The mitigation is structural: when reviewing a Compound V2 fork, treat accountLiquidity() as an integration test for the rest of the system. If you understand every term in the math, you understand the protocol. If you don't, you don't.

Related questions

What is accountLiquidity() in Compound V2? The single solvency-check function in the Comptroller contract. It takes an account address and returns how much additional borrow capacity the account has, or how much it is underwater. Every borrow, redeem, transfer, and liquidation call routes through it.

Why does it touch the oracle directly? Because solvency is denominated in a unit (typically USD-scaled) that requires converting both collateral and debt out of their native token units. The oracle provides the conversion factor.

Can accountLiquidity() be view-only? In canonical Compound it reads from exchangeRateStored() and borrowBalanceStored(), which are view-only but possibly stale. The non-stale variants (exchangeRateCurrent(), borrowBalanceCurrent()) trigger accrueInterest() and are not view. Forks sometimes mix the two without thinking through the staleness implications.

Is this also true for Compound V3? No. V3 uses a single-borrow-asset architecture and a different solvency formula. This article is V2-specific.

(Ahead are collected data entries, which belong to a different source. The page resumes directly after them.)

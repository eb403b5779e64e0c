-- ===== src/Resolution/Size/Written.antt =====
-- scheduler/src/resolution.rs: `serialized_marker_bytes` against the text of a marker.
use agentbeacon.Resolution.Parts.{answer_type}
use agentbeacon.Base.{
  ◌≡◌, inl, inr, Bool-cases, none, some, true, false, refl, zero, suc, pos, negsuc, ◌⧺◌, len-append,
  ◌∙◌, ◌+◌, ◌/◌, ◌%◌, String, ℕ, ℤ, if◌then◌else◌, len, leb, ◌==◌, arith, ap, Bool, Option,
}
use agentbeacon.Json.{
  Json, Items, Fields, Number, null, bool, num, int, float, str, arr, obj, nil, cons, end, field,
}
use agentbeacon.Resolution.Size.{
  digits_loop, i64_digits, serialized_marker_bytes, escaped_len, char_escaped_width,
  truncated_bytes, answer_bytes, escalation_bytes,
}
use agentbeacon.Resolution.Size.Escape.{escape, escaped_len-escape, len-if}
use agentbeacon.Resolution.Marker.{marker_data, optional_id, optional_text, marker_payload}

-- One decimal digit, and the digits of a number: at most one more than the fuel.
decimal_digit : ℕ → String
decimal_digit d =
    if d == 0
    then "0"
    else if d == 1
    then "1"
    else if d == 2
    then "2"
    else if d == 3
    then "3"
    else if d == 4
    then "4"
    else if d == 5
    then "5"
    else if d == 6
    then "6"
    else if d == 7
    then "7"
    else if d == 8
    then "8"
    else "9"

write_digits : ℕ → ℕ → String → String
write_digits zero m acc = decimal_digit m ⧺ acc
write_digits (suc fuel) m acc =
    let rest = write_digits fuel (m / 10) (decimal_digit (m % 10) ⧺ acc) in
    if leb 10 m then rest else decimal_digit m ⧺ acc

-- An integer in decimal: 20 rounds write every `i64`.
pub write_int : ℤ → String
write_int (pos n) = write_digits 20 n ""
write_int (negsuc n) = "-" ⧺ write_digits 20 (suc n) ""

unfoldable pub write_number : Number → String
write_number (int z) = write_int z
write_number (float s) = s

unfoldable pub quoted : String → String
quoted s = "\"" ⧺ (escape s ⧺ "\"")

-- How compact JSON is written (RFC 8259).
unfoldable mutual
  pub write : Json → String
  write null = "null"
  write (bool true) = "true"
  write (bool false) = "false"
  write (num n) = write_number n
  write (str s) = quoted s
  write (arr vs) = "[" ⧺ (write_items vs ⧺ "]")
  write (obj fs) = "{" ⧺ (write_fields fs ⧺ "}")

  pub write_items : Items → String
  write_items nil = ""
  write_items (cons v nil) = write v
  write_items (cons v (cons w vs)) = write v ⧺ ("," ⧺ write_items (cons w vs))

  pub write_fields : Fields → String
  write_fields end = ""
  write_fields (field k v end) = quoted k ⧺ (":" ⧺ write v)
  write_fields (field k v (field l w fs)) =
      quoted k ⧺ (":" ⧺ (write v ⧺ ("," ⧺ write_fields (field l w fs))))

len-decimal_digit : (d : ℕ) → len (decimal_digit d) ≡ 1
unfolding decimal_digit
len-decimal_digit d = search len-if depth 20

len-write_digits :
    (fuel m : ℕ) (acc : String) → len (write_digits fuel m acc) ≡ digits_loop fuel m (1 + len acc)
unfolding write_digits digits_loop
len-write_digits zero m acc = omega (arith, len-append (decimal_digit m) acc, len-decimal_digit m)
len-write_digits (suc fuel) m acc = elim (Bool-cases (leb 10 m)) [
  | inl more ↦ rw more (
      len-write_digits fuel (m / 10) (decimal_digit (m % 10) ⧺ acc)
      ∙ ap (digits_loop fuel (m / 10))
          (omega (arith, len-append (decimal_digit (m % 10)) acc, len-decimal_digit (m % 10))))
  | inr done ↦ rw done (omega (arith, len-append (decimal_digit m) acc, len-decimal_digit m))
]

len-write_int : (z : ℤ) → len (write_int z) ≡ i64_digits z
unfolding write_int i64_digits
len-write_int (pos n) = omega (arith, len-write_digits 20 n "")
len-write_int (negsuc n) =
    omega (arith, len-append "-" (write_digits 20 (suc n) ""), len-write_digits 20 (suc n) "")

len-quoted : (s : String) → len (quoted s) ≡ 2 + escaped_len s
unfolding quoted
len-quoted s =
    omega
      (arith, len-append "\"" (escape s ⧺ "\""), len-append (escape s) "\"", escaped_len-escape s)

len-write-str : (s : String) → len (write (str s)) ≡ 2 + escaped_len s
unfolding write
len-write-str s = len-quoted s

len-write-int : (z : ℤ) → len (write (num (int z))) ≡ i64_digits z
unfolding write write_number
len-write-int z = len-write_int z

-- The bytes of the members after the first, with the commas before them.
more_bytes : Fields → ℕ
more_bytes end = 0
more_bytes (field k v fs) = 4 + escaped_len k + len (write v) + more_bytes fs

len-write_fields :
    (k : String) (v : Json) (fs : Fields)
    → len (write_fields (field k v fs)) ≡ 3 + escaped_len k + len (write v) + more_bytes fs
unfolding write_fields more_bytes
len-write_fields k v end =
    omega (arith, len-append (quoted k) (":" ⧺ write v), len-append ":" (write v), len-quoted k)
len-write_fields k v (field l w fs) =
    let rest = write_fields (field l w fs) in
    omega (
      arith,
      len-append (quoted k) (":" ⧺ (write v ⧺ ("," ⧺ rest))),
      len-append ":" (write v ⧺ ("," ⧺ rest)),
      len-append (write v) ("," ⧺ rest),
      len-append "," rest,
      len-quoted k,
      len-write_fields l w fs,
    )

more_bytes-optional_id :
    (id : Option ℤ) (fs : Fields)
    → more_bytes (optional_id "escalation_event_id" id fs) ≡ escalation_bytes id + more_bytes fs
unfolding more_bytes write write_number escaped_len char_escaped_width
more_bytes-optional_id none fs = omega arith
more_bytes-optional_id (some id) fs = omega (arith, len-write_int id)

more_bytes-optional_text :
    (t : Option String) (fs : Fields)
    → more_bytes (optional_text "answer_text" t fs) ≡ answer_bytes t + more_bytes fs
unfolding more_bytes write escaped_len char_escaped_width
more_bytes-optional_text none fs = omega arith
more_bytes-optional_text (some t) fs = omega (arith, len-quoted t)

more_bytes-truncated :
    (b : Bool)
    → more_bytes (if b then field "truncated" (bool true) end else end) ≡ truncated_bytes b
unfolding more_bytes write escaped_len char_escaped_width
more_bytes-truncated true = refl
more_bytes-truncated false = refl

len-object : (fs : Fields) → len (write (obj fs)) ≡ 2 + len (write_fields fs)
unfolding write
len-object fs =
    omega (arith, len-append "{" (write_fields fs ⧺ "}"), len-append (write_fields fs) "}")

len-write-marker_data :
    (batch_id : String) (escalation : Option ℤ) (event_id : ℤ) (at : String) (text : Option String)
    (truncated : Bool)
    → 21 + len (write (marker_data batch_id escalation event_id at text truncated))
      ≡ serialized_marker_bytes batch_id escalation event_id at text truncated
unfolding marker_data serialized_marker_bytes more_bytes escaped_len char_escaped_width
len-write-marker_data b i r a t c =
    let last = if c then field "truncated" (bool true) end else end in
    let third = optional_text "answer_text" t last in
    let second = optional_id "escalation_event_id" i third in
    omega (
      arith,
      len-object (
          field "type" (str answer_type) (
            field "batch_id" (str b)
              (field "resolved_event_id" (num (int r)) (field "resolved_at" (str a) second)))),
      len-write_fields "type" (str answer_type) (
          field "batch_id" (str b)
            (field "resolved_event_id" (num (int r)) (field "resolved_at" (str a) second))),
      len-write-str answer_type,
      len-write-str b,
      len-write-str a,
      len-write-int r,
      more_bytes-optional_id i third,
      more_bytes-optional_text t last,
      more_bytes-truncated c,
    )

len-items : (v : Json) → len (write (arr (cons v nil))) ≡ 2 + len (write v)
unfolding write
len-items v = omega (arith, len-append "[" (write v ⧺ "]"), len-append (write v) "]")

-- `serialized_marker_bytes` is the exact length of a marker: for every batch, escalation id, event
-- id, timestamp, answer text (or none) and truncation flag, the payload written as compact JSON (RFC
-- 8259) has as many bytes as it says.
pub serialized_marker_bytes-exact :
    (batch_id : String) (escalation : Option ℤ) (event_id : ℤ) (at : String) (text : Option String)
    (truncated : Bool)
    → len (write (marker_payload batch_id escalation event_id at text truncated))
      ≡ serialized_marker_bytes batch_id escalation event_id at text truncated
unfolding marker_payload escaped_len char_escaped_width more_bytes
serialized_marker_bytes-exact b i r a t c =
    let d = marker_data b i r a t c in
    let part = obj (field "data" d end) in
    omega (
      arith,
      len-object (field "parts" (arr (cons part nil)) end),
      len-write_fields "parts" (arr (cons part nil)) end,
      len-items part,
      len-object (field "data" d end),
      len-write_fields "data" d end,
      len-write-marker_data b i r a t c,
    )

Where to see it in the source

The canonical implementation is in Comptroller.sol::getHypotheticalAccountLiquidityInternal(), which getAccountLiquidity() and the various entry-point hooks call into. In the Zealynx Academy Compound V2 module, you implement it yourself in section 10. The test suite forces you to handle every one of the five bug classes above before it lets you pass.

That is the correct way to learn this function: implement it, get every test red, and turn each red test green by understanding what it is testing for. After that, you stop forgetting the mantissa shift.